What you will do :: Below are entries; output exactly the lines from the one with "update-IsMarked e p" to the one with "emit_event-table a e", both included, and nothing else.

Stored dataset items:
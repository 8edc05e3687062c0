-- ===== src/Auth/Outbox/Order.antt =====
-- services/auth/src/plugins/outbox.ts: the order in which a cycle sends the events.
use mathlib.Core.Logic.{inl, inr}
use devops_lab.Prelude.{
  ℕ, ◌≤◌, ◌≡◌, refl, sym, ap, ◌∙◌, Bool, true, false, ◌&&◌, not, List, [], ◌∷◌, ◌++◌, map, any, All,
  take, where_rows, update_where, Bool-cases, arith, append_assoc, append-nil, ltb, nat_eq,
}
use devops_lab.Services.{Prisma}
use devops_lab.Core.Poller.{Breaker, Attempt, Publish, acked, lost, late, is_acked, is_sent, reset}
use devops_lab.Auth.Outbox.{
  AuthOutboxEvent, AuthOutbox, is_known, same_event, count_retry, sent_of, emit_event, process_all,
  batch_of, process_outbox,
}

acked-sent : (o : Publish) → is_acked o ≡ true → is_sent o ≡ true
acked-sent acked h = refl
acked-sent lost h = absurd cc
acked-sent late h = refl

module _ {Payload : Type 0} where
  abbrev mark : AuthOutboxEvent Payload → AuthOutboxEvent Payload
  mark r = record r { processed = true }

  -- A row of the event is not marked.
  abbrev pub is_open : AuthOutboxEvent Payload → AuthOutboxEvent Payload → Bool
  is_open e r = same_event e r && not r.processed

  mark-open :
      (e : AuthOutboxEvent Payload) (rows : List (AuthOutboxEvent Payload))
      → any (is_open e) (update_where (same_event e) mark rows) ≡ false
  mark-open e [] = refl
  mark-open e (r ∷ rows) = ground (arith, mark-open e rows)

  update-open :
      (e : AuthOutboxEvent Payload) (p : AuthOutboxEvent Payload → Bool)
      (f : AuthOutboxEvent Payload → AuthOutboxEvent Payload)
      (rows : List (AuthOutboxEvent Payload))
      → ((r : AuthOutboxEvent Payload) → is_open e r ≡ false → is_open e (f r) ≡ false)
      → any (is_open e) rows ≡ false
      → any (is_open e) (update_where p f rows) ≡ false
  update-open e p f [] keep h = refl
  update-open e p f (r ∷ rows) keep h =
      let kept = keep r (ground (arith, h)) in
      let rest = update-open e p f rows keep (ground (arith, h)) in
      elim (Bool-cases (p r)) [
        | inl hit ↦ rw (hit, kept) rest
        | inr miss ↦ rw miss (ground (arith, h, rest))
      ]

module _ (P : Prisma) {Payload : Type 0} where
  abbrev pub IsMarked : AuthOutbox P Payload → AuthOutboxEvent Payload → Type 0
  IsMarked s e = any (is_open e) (P.rows s.table) ≡ false

  update-IsMarked :
      (e : AuthOutboxEvent Payload) (p : AuthOutboxEvent Payload → Bool)
      (f : AuthOutboxEvent Payload → AuthOutboxEvent Payload) (s : AuthOutbox P Payload)
      → ((r : AuthOutboxEvent Payload) → is_open e r ≡ false → is_open e (f r) ≡ false)
      → IsMarked s e
      → IsMarked (record s { table = P.update_many p f s.table }) e
  update-IsMarked e p f s keep h =
      rw (P.rows-update_many p f s.table) (update-open e p f (P.rows s.table) keep h)

  emit_event-table :
      (a : Attempt) (e : AuthOutboxEvent Payload) (s : AuthOutbox P Payload)
      → (emit_event P a e s).table ≡ s.table
  emit_event-table a e s = elim (Bool-cases (is_sent a.kafka)) [
    | inl h ↦ rw h refl
    | inr h ↦ rw h refl
  ]

  -- What is marked stays marked.
  process_all-IsMarked :
      (x : AuthOutboxEvent Payload) (a : AuthOutboxEvent Payload → Attempt)
      (es : List (AuthOutboxEvent Payload)) (s : AuthOutbox P Payload) (b : Breaker)
      → IsMarked s x
      → IsMarked (process_all P a es s b).0 x
  unfolding process_all
  process_all-IsMarked x a [] s b h = h
  process_all-IsMarked x a (e ∷ es) s b h =
      let s' = emit_event P (a e) e s in
      let h' : IsMarked s' x = rw (emit_event-table (a e) e s) h in
      elim (Bool-cases (is_known e)) [
        | inl k ↦ elim (Bool-cases (is_acked (a e).kafka && (a e).mark_ok)) [
          | inl ok ↦
              rw (k, ok)
                (process_all-IsMarked x a es _ (reset b)
                  (update-IsMarked x (same_event e) mark s' (λ r o. ground (arith, o)) h'))
          | inr bad ↦ elim (Bool-cases (a e).retry_ok) [
            | inl r ↦
                rw (k, bad, r)
                  (update-IsMarked x (same_event e) (count_retry e) s' (λ q o. ground (arith, o))
                    h')
            | inr r ↦ rw (k, bad, r) h'
          ]
        ]
        | inr k ↦ rw k (process_all-IsMarked x a es s b h)
      ]

  -- A first part of the events was sent and marked; of the others at most the first was sent.
  abbrev pub IsInOrder :
      List (AuthOutboxEvent Payload) → AuthOutbox P Payload → AuthOutbox P Payload → Type 0
  IsInOrder events s s' =
      (done : List (AuthOutboxEvent Payload)) × (left : List (AuthOutboxEvent Payload)) × (n : ℕ)
      × (events ≡ done ++ left)
      × (n ≤ 1)
      × (s'.kafka ≡ s.kafka ++ map sent_of (done ++ take n left))
      × All (IsMarked s') done

  IsMarked-mark :
      (e : AuthOutboxEvent Payload) (s : AuthOutbox P Payload)
      → IsMarked (record s { table = P.update_many (same_event e) mark s.table }) e
  IsMarked-mark e s =
      rw (P.rows-update_many (same_event e) mark s.table) (mark-open e (P.rows s.table))

  -- A first event that was sent and marked, then the others.
  then-IsInOrder :
      (e : AuthOutboxEvent Payload) (events : List (AuthOutboxEvent Payload))
      (s s1 s' : AuthOutbox P Payload)
      → s1.kafka ≡ s.kafka ++ sent_of e ∷ []
      → IsMarked s' e
      → IsInOrder events s1 s'
      → IsInOrder (e ∷ events) s s'
  then-IsInOrder e events s s1 s' sent marked (done, left, n, split, few, log, all) = (
    e ∷ done,
    left,
    n,
    ap (λ l. e ∷ l) split,
    few,
    log
        ∙ ap (λ l. l ++ map sent_of (done ++ take n left)) sent
        ∙ append_assoc s.kafka (sent_of e ∷ []) (map sent_of (done ++ take n left)),
    (marked, all),
  )

  -- A first event that failed, sent or not.
  failed-IsInOrder :
      (a : Attempt) (e : AuthOutboxEvent Payload) (events : List (AuthOutboxEvent Payload))
      (s s' : AuthOutbox P Payload)
      → s'.kafka ≡ (emit_event P a e s).kafka
      → IsInOrder (e ∷ events) s s'
  failed-IsInOrder a e events s s' same = elim (Bool-cases (is_sent a.kafka)) [
    | inl h ↦ ([], e ∷ events, 1, refl, omega arith, same ∙ rw h refl, tt)
    | inr h ↦ ([], e ∷ events, 0, refl, omega arith, same ∙ rw h (sym (append-nil s.kafka)), tt)
  ]

  process_all-IsInOrder :
      (a : AuthOutboxEvent Payload → Attempt) (es : List (AuthOutboxEvent Payload))
      (s : AuthOutbox P Payload) (b : Breaker)
      → IsInOrder (where_rows is_known es) s (process_all P a es s b).0
  unfolding process_all
  process_all-IsInOrder a [] s b = ([], [], 0, refl, omega arith, sym (append-nil s.kafka), tt)
  process_all-IsInOrder a (e ∷ es) s b =
      let s' = emit_event P (a e) e s in
      let marked = record s' { table = P.update_many (same_event e) mark s'.table } in
      elim (Bool-cases (is_known e)) [
        | inl k ↦ elim (Bool-cases (is_acked (a e).kafka && (a e).mark_ok)) [
          | inl ok ↦
              let sent = acked-sent (a e).kafka (ground (arith, ok)) in
              rw (k, ok)
                (then-IsInOrder e (where_rows is_known es) s marked
                  (process_all P a es marked (reset b)).0 (rw sent refl)
                  (process_all-IsMarked e a es marked (reset b) (IsMarked-mark e s'))
                  (process_all-IsInOrder a es marked (reset b)))
          | inr bad ↦ elim (Bool-cases (a e).retry_ok) [
            | inl r ↦ rw (k, bad, r) (failed-IsInOrder (a e) e (where_rows is_known es) s _ refl)
            | inr r ↦ rw (k, bad, r) (failed-IsInOrder (a e) e (where_rows is_known es) s _ refl)
          ]
        ]
        | inr k ↦ rw k (process_all-IsInOrder a es s b)
      ]

  -- Whatever Kafka and the database answer, a cycle of the auth service's outbox sends, of the
  -- known events that it has read, a first part in their order, and marks every one of them as
  -- processed, except that the last one sent may be left unmarked; no other event is sent.
  pub process_outbox-IsInOrder :
      (by_age : List (AuthOutboxEvent Payload) → List (AuthOutboxEvent Payload))
      (a : AuthOutboxEvent Payload → Attempt) (now : ℕ) (ready : Bool) (s : AuthOutbox P Payload)
      (b : Breaker)
      → IsInOrder
          (where_rows is_known (batch_of P by_age s))
          s
          (process_outbox P by_age a now ready s b).0
  unfolding process_outbox
  process_outbox-IsInOrder by_age a now ready s b =
      let known = where_rows is_known (batch_of P by_age s) in
      let idle : IsInOrder known s s =
        ([], known, 0, refl, omega arith, sym (append-nil s.kafka), tt) in
      elim (Bool-cases (ltb now b.circuit_open_until)) [
        | inl shut ↦ rw shut idle
        | inr ok ↦ elim (Bool-cases ready) [
          | inl r ↦ rw (ok, r) (process_all-IsInOrder a (batch_of P by_age s) s b)
          | inr r ↦ rw (ok, r) idle
        ]
      ]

Answer to the exercise ::
  update-IsMarked e p f s keep h =
      rw (P.rows-update_many p f s.table) (update-open e p f (P.rows s.table) keep h)

  emit_event-table :
      (a : Attempt) (e : AuthOutboxEvent Payload) (s : AuthOutbox P Payload)
      → (emit_event P a e s).table ≡ s.table
  emit_event-table a e s = elim (Bool-cases (is_sent a.kafka)) [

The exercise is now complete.